• YOUR INSTRUCTIONS: Within the listing below, please copy exactly the lines between the line holding "has_magic bytes = magic_from magic 0 bytes" and the line holding "protocol_version = read_u16_le", inclusive.

• RECORDS PROVIDED:
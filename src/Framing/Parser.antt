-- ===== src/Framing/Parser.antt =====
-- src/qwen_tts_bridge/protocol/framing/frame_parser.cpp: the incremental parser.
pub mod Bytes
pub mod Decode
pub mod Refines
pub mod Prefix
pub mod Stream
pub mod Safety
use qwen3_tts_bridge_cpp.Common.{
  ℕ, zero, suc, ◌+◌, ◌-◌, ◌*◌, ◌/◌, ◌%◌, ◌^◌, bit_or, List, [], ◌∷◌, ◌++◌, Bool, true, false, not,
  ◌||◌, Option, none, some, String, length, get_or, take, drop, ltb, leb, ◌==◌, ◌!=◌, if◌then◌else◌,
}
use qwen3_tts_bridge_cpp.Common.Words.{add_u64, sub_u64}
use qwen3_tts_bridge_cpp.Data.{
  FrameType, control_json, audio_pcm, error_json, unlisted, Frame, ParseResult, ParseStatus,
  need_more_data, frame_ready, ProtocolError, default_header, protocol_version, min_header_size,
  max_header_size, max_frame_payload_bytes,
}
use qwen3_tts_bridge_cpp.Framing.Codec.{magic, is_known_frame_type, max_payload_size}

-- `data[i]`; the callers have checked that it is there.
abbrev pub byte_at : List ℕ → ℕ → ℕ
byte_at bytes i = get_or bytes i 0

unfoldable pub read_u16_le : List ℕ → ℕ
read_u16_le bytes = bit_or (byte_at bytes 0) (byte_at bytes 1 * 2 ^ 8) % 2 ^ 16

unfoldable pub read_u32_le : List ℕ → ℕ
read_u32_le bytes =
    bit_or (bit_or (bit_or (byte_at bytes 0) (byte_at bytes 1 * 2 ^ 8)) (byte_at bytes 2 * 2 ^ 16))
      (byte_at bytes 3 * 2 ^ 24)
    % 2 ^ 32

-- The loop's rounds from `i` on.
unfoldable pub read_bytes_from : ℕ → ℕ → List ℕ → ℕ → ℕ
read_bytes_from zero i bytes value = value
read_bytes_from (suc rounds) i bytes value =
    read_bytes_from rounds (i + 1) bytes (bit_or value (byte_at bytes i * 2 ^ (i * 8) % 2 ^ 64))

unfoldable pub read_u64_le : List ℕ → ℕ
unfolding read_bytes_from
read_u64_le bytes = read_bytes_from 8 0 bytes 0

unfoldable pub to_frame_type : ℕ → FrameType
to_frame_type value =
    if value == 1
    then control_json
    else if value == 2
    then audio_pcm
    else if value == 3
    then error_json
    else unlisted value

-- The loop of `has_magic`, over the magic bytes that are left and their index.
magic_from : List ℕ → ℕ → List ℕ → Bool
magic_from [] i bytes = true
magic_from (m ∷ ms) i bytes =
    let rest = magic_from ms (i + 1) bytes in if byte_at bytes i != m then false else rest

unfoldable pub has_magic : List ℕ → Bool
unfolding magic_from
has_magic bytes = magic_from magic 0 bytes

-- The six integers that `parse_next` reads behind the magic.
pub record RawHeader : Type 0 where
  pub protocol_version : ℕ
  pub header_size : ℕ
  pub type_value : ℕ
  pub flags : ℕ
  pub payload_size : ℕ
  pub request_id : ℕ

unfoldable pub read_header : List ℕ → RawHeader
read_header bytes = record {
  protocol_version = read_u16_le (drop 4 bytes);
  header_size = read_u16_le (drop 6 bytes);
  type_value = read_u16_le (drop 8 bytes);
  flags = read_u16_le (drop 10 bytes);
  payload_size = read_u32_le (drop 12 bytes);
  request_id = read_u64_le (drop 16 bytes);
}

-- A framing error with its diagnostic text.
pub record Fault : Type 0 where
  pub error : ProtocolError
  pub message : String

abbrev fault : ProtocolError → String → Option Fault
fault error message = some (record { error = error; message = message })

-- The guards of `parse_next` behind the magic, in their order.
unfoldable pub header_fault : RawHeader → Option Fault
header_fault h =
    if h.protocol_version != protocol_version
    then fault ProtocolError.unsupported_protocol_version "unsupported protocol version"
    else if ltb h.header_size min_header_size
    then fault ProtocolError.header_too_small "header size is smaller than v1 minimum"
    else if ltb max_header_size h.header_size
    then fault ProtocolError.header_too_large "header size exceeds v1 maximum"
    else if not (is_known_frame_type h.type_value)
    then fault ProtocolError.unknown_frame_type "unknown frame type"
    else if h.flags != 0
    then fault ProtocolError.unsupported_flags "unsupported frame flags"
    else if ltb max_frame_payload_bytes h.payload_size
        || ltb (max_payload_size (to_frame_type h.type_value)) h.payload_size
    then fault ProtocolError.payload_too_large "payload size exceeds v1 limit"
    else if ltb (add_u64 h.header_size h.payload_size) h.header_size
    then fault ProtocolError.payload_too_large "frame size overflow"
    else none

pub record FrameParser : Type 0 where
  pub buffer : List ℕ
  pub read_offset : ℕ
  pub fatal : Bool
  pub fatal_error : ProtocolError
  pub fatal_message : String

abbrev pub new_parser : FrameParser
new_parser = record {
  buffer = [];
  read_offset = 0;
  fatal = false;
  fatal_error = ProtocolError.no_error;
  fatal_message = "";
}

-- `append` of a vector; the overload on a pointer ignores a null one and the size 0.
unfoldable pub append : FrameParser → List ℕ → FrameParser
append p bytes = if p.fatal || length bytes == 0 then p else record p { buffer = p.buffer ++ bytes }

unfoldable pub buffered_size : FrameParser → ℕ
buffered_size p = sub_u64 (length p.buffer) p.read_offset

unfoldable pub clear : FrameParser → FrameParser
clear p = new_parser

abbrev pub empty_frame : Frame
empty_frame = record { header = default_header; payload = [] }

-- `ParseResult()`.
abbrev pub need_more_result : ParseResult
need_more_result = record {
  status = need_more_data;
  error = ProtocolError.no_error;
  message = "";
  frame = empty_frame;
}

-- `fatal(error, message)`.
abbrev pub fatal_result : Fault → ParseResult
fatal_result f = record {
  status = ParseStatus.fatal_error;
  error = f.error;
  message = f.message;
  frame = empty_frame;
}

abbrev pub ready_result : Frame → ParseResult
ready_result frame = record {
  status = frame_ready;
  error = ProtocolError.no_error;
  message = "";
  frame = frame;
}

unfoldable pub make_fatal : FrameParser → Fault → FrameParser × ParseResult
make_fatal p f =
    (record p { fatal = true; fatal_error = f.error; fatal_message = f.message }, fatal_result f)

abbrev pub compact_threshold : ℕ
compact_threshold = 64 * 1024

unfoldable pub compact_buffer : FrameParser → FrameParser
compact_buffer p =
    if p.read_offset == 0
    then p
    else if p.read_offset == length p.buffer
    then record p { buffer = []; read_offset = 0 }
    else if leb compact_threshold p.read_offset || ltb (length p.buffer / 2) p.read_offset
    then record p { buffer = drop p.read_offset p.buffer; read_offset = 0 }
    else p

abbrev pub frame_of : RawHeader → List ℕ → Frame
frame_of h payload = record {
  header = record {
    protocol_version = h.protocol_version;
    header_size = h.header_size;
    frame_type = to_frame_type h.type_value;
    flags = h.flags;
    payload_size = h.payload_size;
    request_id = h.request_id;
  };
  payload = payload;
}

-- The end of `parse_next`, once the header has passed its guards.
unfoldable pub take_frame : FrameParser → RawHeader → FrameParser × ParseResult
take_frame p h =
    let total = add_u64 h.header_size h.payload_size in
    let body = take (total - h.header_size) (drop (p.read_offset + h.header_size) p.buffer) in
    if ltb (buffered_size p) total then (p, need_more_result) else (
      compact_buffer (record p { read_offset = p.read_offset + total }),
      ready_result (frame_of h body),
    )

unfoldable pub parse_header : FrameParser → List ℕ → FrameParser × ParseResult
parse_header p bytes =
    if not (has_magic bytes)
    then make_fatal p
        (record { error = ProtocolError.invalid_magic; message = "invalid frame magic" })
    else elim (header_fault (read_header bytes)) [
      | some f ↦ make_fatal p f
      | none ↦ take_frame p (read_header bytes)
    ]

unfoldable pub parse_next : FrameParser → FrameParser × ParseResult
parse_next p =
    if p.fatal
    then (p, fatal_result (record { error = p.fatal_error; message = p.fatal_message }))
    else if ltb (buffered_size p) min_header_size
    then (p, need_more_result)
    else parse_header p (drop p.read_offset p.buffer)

• ANSWER SECTION:
has_magic bytes = magic_from magic 0 bytes

-- The six integers that `parse_next` reads behind the magic.
pub record RawHeader : Type 0 where
  pub protocol_version : ℕ
  pub header_size : ℕ
  pub type_value : ℕ
  pub flags : ℕ
  pub payload_size : ℕ
  pub request_id : ℕ

unfoldable pub read_header : List ℕ → RawHeader
read_header bytes = record {
  protocol_version = read_u16_le (drop 4 bytes);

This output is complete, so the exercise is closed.